Though Ms. Fowler credits her adoption of a loyal and loving dog, Katie, as the symbolic act of reclamation and reaffirmation of life, she sells herself far short. The grandchild and child of abused women, the child Fowler becomes the target of her drunken mother's rage. The Fowler children become adept actors, hiding the shame of family disgrace and brutality under the veneer of achievement. Keeping verbal assaults invisble, preventing others from recognizing the constant physical beatings absorbed by Mama, Connie's family life resembled "smoke and mirrors, deception and shame." A "wall of silence" shrouded suffering. As a child, Connie received sustenance from words and books, and her resultant triumph as an adult vindicates her choice. Her older sister, however, absorbs and internalizes the viciousness of her home, and, consequently, develops anorexia as an adult.

In a remarkable self-portrait, Fowler describes a wretched adult woman, unloved, unlovable, disgusting and repulsive. Her self-hatred is "untainted and unhinged." She believes herself "so ugly" that only an abusive, impotent, failed radio celebrity would be willing to love her. Yet, there is not a single note of self-pity in this wrenching memoir. Fowler reminds us that her mother's life, obliterated from a childhood rape, transcends her own in loss. Mama was "an angry woman who believed life had let her down. And it had." From disappointment to the target of her own husband's physical abuse, Fowler's mother recirculates and intensfies the pain, deliberately deflecting it on her children.

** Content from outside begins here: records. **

-- ===== src/Lib.antt =====
-- A model of setka, a C++ library of sockets and asynchronous DNS lookup (src/setka).
--
-- The parts and their files:
--   Std      std::map, std::multimap and std::list, as far as the sources use them, with their laws.
--   Utki     what the sources use of the library utki, as a parameter (`Utki`) with its documented
--            behaviour: big-endian conversions and the bounds test of a span.
--   Address  src/setka/address.hpp: the IP address and the address with a port.
--     Parse   src/setka/address.cpp: `ip::parse` and `address(str)` (`of_string`), with inet_pton as
--             the parameter `Inet`; Parse.Port the port, Parse.Whole whole strings, Parse.Bounds the
--             ranges of what is read.
--     Print   ip::to_string, with the numbers as a std::stringstream writes them.
--     Tests   concrete strings.
--   Dns      src/setka/dns_resolver.cpp and .hpp: the lookup of names.
--     Ids     LookupThread::FindFreeId, on the map of the ids in use.
--     Name    host names in packets: ParseHostNameFromDNSPacket (`parse_host_name_from_dns_packet`)
--             and the label loop of SendRequestToDNS (`write_host_name`).
--     Query   the datagram that SendRequestToDNS builds (`request_datagram`).
--     Reply   ParseReplyFromDNS (`parse_reply_from_dns`). Reply.Answers says what a reply means,
--             without the code's order of reading.
--             Reply.Compressed is about owners that end in a pointer.
--     Thread  the tables of LookupThread and RemoveResolver (`remove_resolver`). Thread.Consistent
--             says what ties the tables together.
--     Client  dns_resolver::resolve and cancel (`resolve`, `cancel`): the calls of the users, which
--             share the lookup thread. Each holds dns::mutex from start to end and is one step from a
--             state (`Threads`) to the next; Client.Between is about the moment at which resolve lets
--             go of the mutex of the thread.
--             Client.Lookups is what they promise, on the names of the active lookups alone.
--     Init    LookupThread::InitDNS on the text of resolv.conf (`init_dns`); Init.Registry on the
--             registry of Windows (`init_dns_windows`).
--     Run     LookupThread::run: one round of the loop (`round`), RemoveAllResolvers, CallCallback and
--             the messages of the queue. What the socket and the clock give is an `Event`; what other
--             threads do while a callback runs is the parameter `meanwhile`; in Run.WithCalls it is
--             calls of resolve and cancel. Run.System is the start of the thread, and its rounds
--             among messages and calls, as a step relation; Run.Loop is the whole of it (`run`) as a
--             function, on a list of the passages of its loop (`Turn`). Run.Loop.Late is about a request
--             whose time wraps around. Run.Ends: that a round ends;
--             Run.Reports and Run.Answers: what is reported.
--     Locks   the mutexes and the join of resolve, cancel, clean_up and the lookup thread with its
--             callbacks, as a step relation of any number of threads. Locks.Invariant says who has
--             locked what; Locks.Stuck is about calls that wait for one another, and
--             Locks.Returns about the others. It follows one lookup thread: a `resolve` that finds it
--             exiting replaces it, and a socket that cannot be opened ends it with dns::mutex locked;
--             these states are there, and what the thread that replaces it does is not.
--     Tests   concrete messages, calls, rounds and files.
--   Socket   src/setka/socket.hpp and .cpp: the base class of the sockets.
--     Method  methods that change an object and may throw. Posix: the system calls, as the parameter
--             `Kernel`, and what POSIX says of descriptors (`Descriptors`) and byte order.
--     Inet    addresses for system calls, and back (make_ip_address).
--     Tcp     src/setka/tcp_socket.cpp: `open_tcp`, `send`, `recieve`, the addresses.
--     Create  the creation of sockets that take IPv6 and IPv4, which Server and Udp share.
--     Server  src/setka/tcp_server_socket.cpp: `open_server`, `accept`.
--     Udp     src/setka/udp_socket.cpp: `open_udp`, `send`, `recieve`.
--     Moves   socket::operator= (`move`). Owns, Owned: rules for methods that keep account of the
--             descriptors, as Hoare triples (`Ensures`). Calls: sequences of calls.
--     Interrupts  the loops over interrupted system calls.
--     Windows  the parts of the sockets for Windows that handle events, with Winsock as the parameter
--             `Winsock`: set_waiting_flags, check_signaled, close and operator=.
--     Tests   a small system, and calls on it.
--   InitGuard  src/setka/init_guard.cpp: how the process takes SIGPIPE, with signal as the parameter
--             `Signals`, and dns_resolver::clean_up, with whether the join of the lookup thread returns
--             as a parameter.
--
-- Numbers: all of them are natural numbers, with the wrap-around of the code's type written out. A
-- pointer into a packet or a string is the list of what stands from it on. A pointer to an object
-- is a number. A read outside of a packet, an exception and a null pointer are values of their own.
--
-- Fuel: `read_labels`, `write_labels` and `read_servers` take as much fuel as there are bytes. Each
-- round takes at least one byte, so this is enough (Name.Loops, Init.Lines). The loops of Run over
-- the tables take fuel too: each of their rounds removes a request or sends one. Where callbacks add no
-- requests, n + n (n + 1) / 2 and one more are enough for n requests (Run.Ends); else it depends on what
-- they add. The rounds of `run_loop` take that much of themselves (`round_fuel`), and its passages are as
-- many as are listed. The loops over an interrupted system call (`retry`) take as much fuel as there are
-- interruptions and one more (Socket.Interrupts).
--
-- Not modelled: the join of a previous thread, which run does before all else; the registration of sockets
-- with wait sets; the other branches for Windows, and those for Mac OS in udp_socket::send; that memory runs out;
-- assertions and traces.
pub mod Prelude
pub mod Std
pub mod Utki
pub mod Address
pub mod Socket
pub mod Dns
pub mod InitGuard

As a young woman, Fowler has not escaped her mother's imprint. Indeed, her chosen partner encapsulates her mother's jagged opinion. Tense is irrelevant when Fowler hears herself described as "stupid," or "an ungrateful whore," or a "lousy excuse" of a lover or daughter. When she hears her mother decry her existence, "I wish...I had died the day you were born," Fowler must come to grips with an essential life choice: descent into emotional self-immolation or ascent into a struggle for life and affirmation.

"When Katie Wakes" bravely portrays Fowler's battle for identity and wholeness. Her steadfast determination to "take responsibility for my own happiness, for my own sense of self-worth" is the best medicine for any person struggling to make sense of inner turmoil and despair. When she proclaims her need to discover "what my placer in the world should be," she speaks for any person on the cusp of a life-altering decision searching for the courage to embrace life's potential. This emotion-laden memoir is eloquent testimony to the ability of one person to wrestle life from death, hope from despair, the future from the past.